The Groovy project is looking for a new home - varmais
http://glaforge.appspot.com/article/the-groovy-project-is-looking-for-a-new-home
======
bjfish
I know and use both Ruby/Rails and Groovy/Grails and wanted to debunk a myth
here:

"Interest in Grails/Groovy is diminishing" \- I won't comment on trends but
there is still a large, active user base and community

I won't list the benefits of Ruby/Rails over Groovy/Grails because I will
assume the audience here is familiar with Ruby/Rails.

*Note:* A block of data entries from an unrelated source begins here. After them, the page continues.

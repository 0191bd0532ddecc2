-- ===== src/Heci/Linux/Held.antt =====
-- The descriptor of the Linux HeciContext through its life: src/heci/linux.rs.
use amt_uefi_boot_app.Prelude.{
  List, [], Option, ◌≡◌, ℕ, none, some, ◌∷◌, subst, refl, Bool-cases, leb, min, length, inl, inr,
}
use amt_uefi_boot_app.Heci.Linux.{
  Kernel, HeciContext, Call, opened, not_opened, used, closed, Ret, returned, failed, new, init,
  open_device, open_paths, connect_client_by_uuid, send, receive, close, drop_context, close_fd,
  attempted, on_connect, on_write, on_read, Errno, Linux, with_call,
}

-- After these calls this descriptor is held: one at a time, closed once, and used while it is held.
pub data Held : List Call → Option ℕ → Type 0 where
  nothing : Held [] none
  opens : {calls : List Call} (fd : ℕ) → Held calls none → Held (opened fd ∷ calls) (some fd)
  fails : {calls : List Call} {held : Option ℕ} → Held calls held → Held (not_opened ∷ calls) held
  uses : {calls : List Call} {held : Option ℕ} → Held calls held → Held (used held ∷ calls) held
  closes : {calls : List Call} {fd : ℕ} → Held calls (some fd) → Held (closed fd ∷ calls) none

module _ (K : Kernel) where
  -- The contexts that the program can have: each starts with `new`, and goes through the methods
  -- in any order, whether they succeed or not.
  pub data Lived : HeciContext K → Type 0 where
    started : (s : K.State) → Lived (new K (record { state = s; calls = [] })).1
    started_anew : {c : HeciContext K} → Lived c → Lived (init K c).1
    connected :
        {c : HeciContext K} (uuid : List ℕ) → Lived c → Lived (connect_client_by_uuid K uuid c).1
    sent : {c : HeciContext K} (bytes : List ℕ) → Lived c → Lived (send K bytes c).1
    received : {c : HeciContext K} (buf : List ℕ) → Lived c → Lived (receive K buf c).1
    shut : {c : HeciContext K} → Lived c → Lived (close K c)

  IsHeld : HeciContext K → Type 0
  IsHeld c = Held c.os.calls c.fd

  close_fd-IsHeld :
      (held : Option ℕ) (c : HeciContext K)
      → c.fd ≡ held
      → Held c.os.calls held
      → IsHeld (close_fd K held c) × ((close_fd K held c).fd ≡ none)
  unfolding IsHeld
  close_fd-IsHeld none c e h = (rw e h, e)
  close_fd-IsHeld (some fd) c e h = (closes h, refl)

  closed-IsHeld : (c : HeciContext K) → IsHeld c → IsHeld (close_fd K c.fd c)
  unfolding IsHeld
  closed-IsHeld c h = (close_fd-IsHeld c.fd c refl h).0

  closed-none : (c : HeciContext K) → IsHeld c → (close_fd K c.fd c).fd ≡ none
  unfolding IsHeld
  closed-none c h = (close_fd-IsHeld c.fd c refl h).1

  attempted-IsHeld :
      (r : Ret ℕ × K.State) (next : Errno → Linux K (Unit {0})) (c : HeciContext K)
      → c.fd ≡ none
      → IsHeld c
      → ((e : Errno) (d : HeciContext K) → d.fd ≡ none → IsHeld d → IsHeld (next e d).1)
      → IsHeld (attempted K r next c).1
  unfolding IsHeld
  attempted-IsHeld (returned fd, s) next c f h n = opens fd (subst (Held c.os.calls) f h)
  attempted-IsHeld (failed e, s) next c f h n = n e (with_call K c not_opened s) f (fails h)

  open_paths-IsHeld :
      (paths : List (List ℕ)) (e : Errno) (c : HeciContext K)
      → c.fd ≡ none
      → IsHeld c
      → IsHeld (open_paths K paths e c).1
  unfolding open_paths
  open_paths-IsHeld [] e c f h = h
  open_paths-IsHeld (path ∷ rest) e c f h =
      attempted-IsHeld _ _ c f h (λ d b. open_paths-IsHeld rest d b)

  open_device-IsHeld : (c : HeciContext K) → c.fd ≡ none → IsHeld c → IsHeld (open_device K c).1
  unfolding open_device
  open_device-IsHeld c f h = open_paths-IsHeld _ _ c f h

  reopened-IsHeld : (c : HeciContext K) → IsHeld c → IsHeld (open_device K (close_fd K c.fd c)).1
  reopened-IsHeld c h = open_device-IsHeld _ (closed-none c h) (closed-IsHeld c h)

  new-IsHeld : (s : K.State) → IsHeld (new K (record { state = s; calls = [] })).1
  unfolding new IsHeld
  new-IsHeld s =
      open_device-IsHeld
        (record { fd = none; max_msg_len = 0; os = record { state = s; calls = [] } }) refl nothing

  on_connect-IsHeld :
      (r : Ret (List ℕ) × K.State) (c : HeciContext K) → IsHeld c → IsHeld (on_connect K r c).1
  unfolding IsHeld
  on_connect-IsHeld (returned buf, s) c h = uses h
  on_connect-IsHeld (failed e, s) c h = uses h

  on_write-IsHeld : (r : Ret ℕ × K.State) (c : HeciContext K) → IsHeld c → IsHeld (on_write K r c).1
  unfolding IsHeld
  on_write-IsHeld (returned n, s) c h = uses h
  on_write-IsHeld (failed e, s) c h = uses h

  on_read-IsHeld :
      (buf : List ℕ) (r : Ret (ℕ × List ℕ) × K.State) (c : HeciContext K)
      → IsHeld c
      → IsHeld (on_read K buf r c).1
  unfolding IsHeld
  on_read-IsHeld buf (returned (n, tmp_buf), s) c h =
      elim (Bool-cases (leb (min n (length buf)) (length tmp_buf))) [
        | inl e ↦ rw e (uses h)
        | inr e ↦ rw e (uses h)
      ]
  on_read-IsHeld buf (failed e, s) c h = uses h

  shut-IsHeld : (c : HeciContext K) → IsHeld c → IsHeld (close K c)
  unfolding IsHeld close
  shut-IsHeld c h = closed-IsHeld c h

  Lived-IsHeld : {c : HeciContext K} → Lived c → IsHeld c
  unfolding init connect_client_by_uuid send receive
  Lived-IsHeld (started s) = new-IsHeld s
  Lived-IsHeld (started_anew {c} l) = reopened-IsHeld c (Lived-IsHeld l)
  Lived-IsHeld (connected {c} uuid l) = on_connect-IsHeld _ c (Lived-IsHeld l)
  Lived-IsHeld (sent {c} bytes l) = on_write-IsHeld _ c (Lived-IsHeld l)
  Lived-IsHeld (received {c} buf l) = on_read-IsHeld buf _ c (Lived-IsHeld l)
  Lived-IsHeld (shut {c} l) = shut-IsHeld c (Lived-IsHeld l)

  -- Whatever the system calls return, and in whatever order the methods are called: at most one
  -- descriptor is open at a time, each is closed at most once, the calls between go to it, and fd
  -- is the one that is open, or -1. After the drop none is open.
  pub Lived-Held :
      {c : HeciContext K} → Lived c → Held c.os.calls c.fd × Held (drop_context K c).os.calls none
  unfolding IsHeld drop_context
  Lived-Held {c} l =
      let h = Lived-IsHeld l in
      (h, subst (Held (close_fd K c.fd c).os.calls) (closed-none c h) (closed-IsHeld c h))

Specifically here are some benefits of Groovy over Ruby:

    
    
      - Very good JVM tooling and integration
      - Familiar (Java)
      - Developer friendly (Ruby has a number of syntax warts, e.g. elvis operator, null safe operator - just to start) syntax 
      - Optional static compilation
      - Optional typing
    

and Grails over Rails:

    
    
      - Performance - take a look at techempower benchmarks http://www.techempower.com/benchmarks/#section=data-r9&hw=peak&test=query
      - Spring integration - having Spring built in is often useful in an enterprise context where existing Spring use exists
      - Typing is nice if you like that (Mentioned above)
    

When I need to decide between using Grails and Rails, it usually comes down to
developer convenience vs performance. I am asking myself do I want to give up
a lot of performance (with Grails) for a little more developer conveniences
(with Rails)? Sometimes the answer is yes, sometimes no.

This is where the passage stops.